### WHAT YOU WILL DO
Reproduce exactly the lines of the material beneath, from the line that contains "job_not_found : ℕ → HandlerError" to the line that contains "Services W) where", both included, and no other lines.
-- Opening Marker --
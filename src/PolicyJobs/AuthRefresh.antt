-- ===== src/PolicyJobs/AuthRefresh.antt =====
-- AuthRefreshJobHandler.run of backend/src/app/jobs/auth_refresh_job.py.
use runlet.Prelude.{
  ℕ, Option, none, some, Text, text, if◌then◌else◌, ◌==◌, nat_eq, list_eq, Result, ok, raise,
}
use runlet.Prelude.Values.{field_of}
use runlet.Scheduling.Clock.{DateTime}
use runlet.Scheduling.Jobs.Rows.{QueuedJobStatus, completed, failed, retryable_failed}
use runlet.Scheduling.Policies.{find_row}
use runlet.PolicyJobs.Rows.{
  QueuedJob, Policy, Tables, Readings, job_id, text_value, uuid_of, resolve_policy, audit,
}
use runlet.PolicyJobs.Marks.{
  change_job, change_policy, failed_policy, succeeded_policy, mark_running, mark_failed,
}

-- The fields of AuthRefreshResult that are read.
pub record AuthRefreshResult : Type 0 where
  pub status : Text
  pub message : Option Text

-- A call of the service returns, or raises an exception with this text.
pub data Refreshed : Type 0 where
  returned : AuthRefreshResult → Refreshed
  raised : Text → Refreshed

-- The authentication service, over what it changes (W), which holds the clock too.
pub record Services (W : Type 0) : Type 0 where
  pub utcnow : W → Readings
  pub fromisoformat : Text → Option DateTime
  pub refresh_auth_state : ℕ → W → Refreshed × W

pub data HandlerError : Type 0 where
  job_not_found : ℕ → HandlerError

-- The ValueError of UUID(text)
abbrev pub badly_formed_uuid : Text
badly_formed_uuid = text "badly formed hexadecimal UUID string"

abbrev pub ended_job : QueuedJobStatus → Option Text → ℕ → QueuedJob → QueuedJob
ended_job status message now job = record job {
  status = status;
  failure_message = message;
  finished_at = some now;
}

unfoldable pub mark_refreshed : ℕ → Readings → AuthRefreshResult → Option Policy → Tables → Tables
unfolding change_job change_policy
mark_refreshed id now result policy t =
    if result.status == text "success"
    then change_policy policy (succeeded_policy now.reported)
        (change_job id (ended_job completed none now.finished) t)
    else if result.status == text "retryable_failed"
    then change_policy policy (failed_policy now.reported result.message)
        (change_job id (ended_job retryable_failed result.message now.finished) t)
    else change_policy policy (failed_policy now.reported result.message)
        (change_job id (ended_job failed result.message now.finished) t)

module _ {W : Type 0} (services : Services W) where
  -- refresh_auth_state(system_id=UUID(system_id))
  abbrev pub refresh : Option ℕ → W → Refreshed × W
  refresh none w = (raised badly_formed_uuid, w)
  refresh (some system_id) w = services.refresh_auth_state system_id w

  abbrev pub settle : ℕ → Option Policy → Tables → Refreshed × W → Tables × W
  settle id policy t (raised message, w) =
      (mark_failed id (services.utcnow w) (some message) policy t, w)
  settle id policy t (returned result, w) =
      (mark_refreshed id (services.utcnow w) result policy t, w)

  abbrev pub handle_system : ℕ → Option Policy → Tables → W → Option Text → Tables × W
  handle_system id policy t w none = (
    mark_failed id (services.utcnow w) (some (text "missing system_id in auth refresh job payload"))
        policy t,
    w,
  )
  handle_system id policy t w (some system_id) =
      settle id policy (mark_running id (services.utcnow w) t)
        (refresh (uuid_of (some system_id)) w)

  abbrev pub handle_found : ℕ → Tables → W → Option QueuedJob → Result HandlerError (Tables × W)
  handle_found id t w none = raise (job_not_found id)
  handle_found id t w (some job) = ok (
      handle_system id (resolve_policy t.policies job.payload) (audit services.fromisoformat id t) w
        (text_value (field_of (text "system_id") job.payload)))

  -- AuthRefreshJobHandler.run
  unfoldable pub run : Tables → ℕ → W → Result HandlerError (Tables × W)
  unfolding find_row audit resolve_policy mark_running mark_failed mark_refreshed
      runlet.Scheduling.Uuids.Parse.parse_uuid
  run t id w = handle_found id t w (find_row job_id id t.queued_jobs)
-- Closing Marker --
### TASK ANSWER
  job_not_found : ℕ → HandlerError

-- The ValueError of UUID(text)
abbrev pub badly_formed_uuid : Text
badly_formed_uuid = text "badly formed hexadecimal UUID string"

abbrev pub ended_job : QueuedJobStatus → Option Text → ℕ → QueuedJob → QueuedJob
ended_job status message now job = record job {
  status = status;
  failure_message = message;
  finished_at = some now;
}

unfoldable pub mark_refreshed : ℕ → Readings → AuthRefreshResult → Option Policy → Tables → Tables
unfolding change_job change_policy
mark_refreshed id now result policy t =
    if result.status == text "success"
    then change_policy policy (succeeded_policy now.reported)
        (change_job id (ended_job completed none now.finished) t)
    else if result.status == text "retryable_failed"
    then change_policy policy (failed_policy now.reported result.message)
        (change_job id (ended_job retryable_failed result.message now.finished) t)
    else change_policy policy (failed_policy now.reported result.message)
        (change_job id (ended_job failed result.message now.finished) t)

module _ {W : Type 0} (services : Services W) where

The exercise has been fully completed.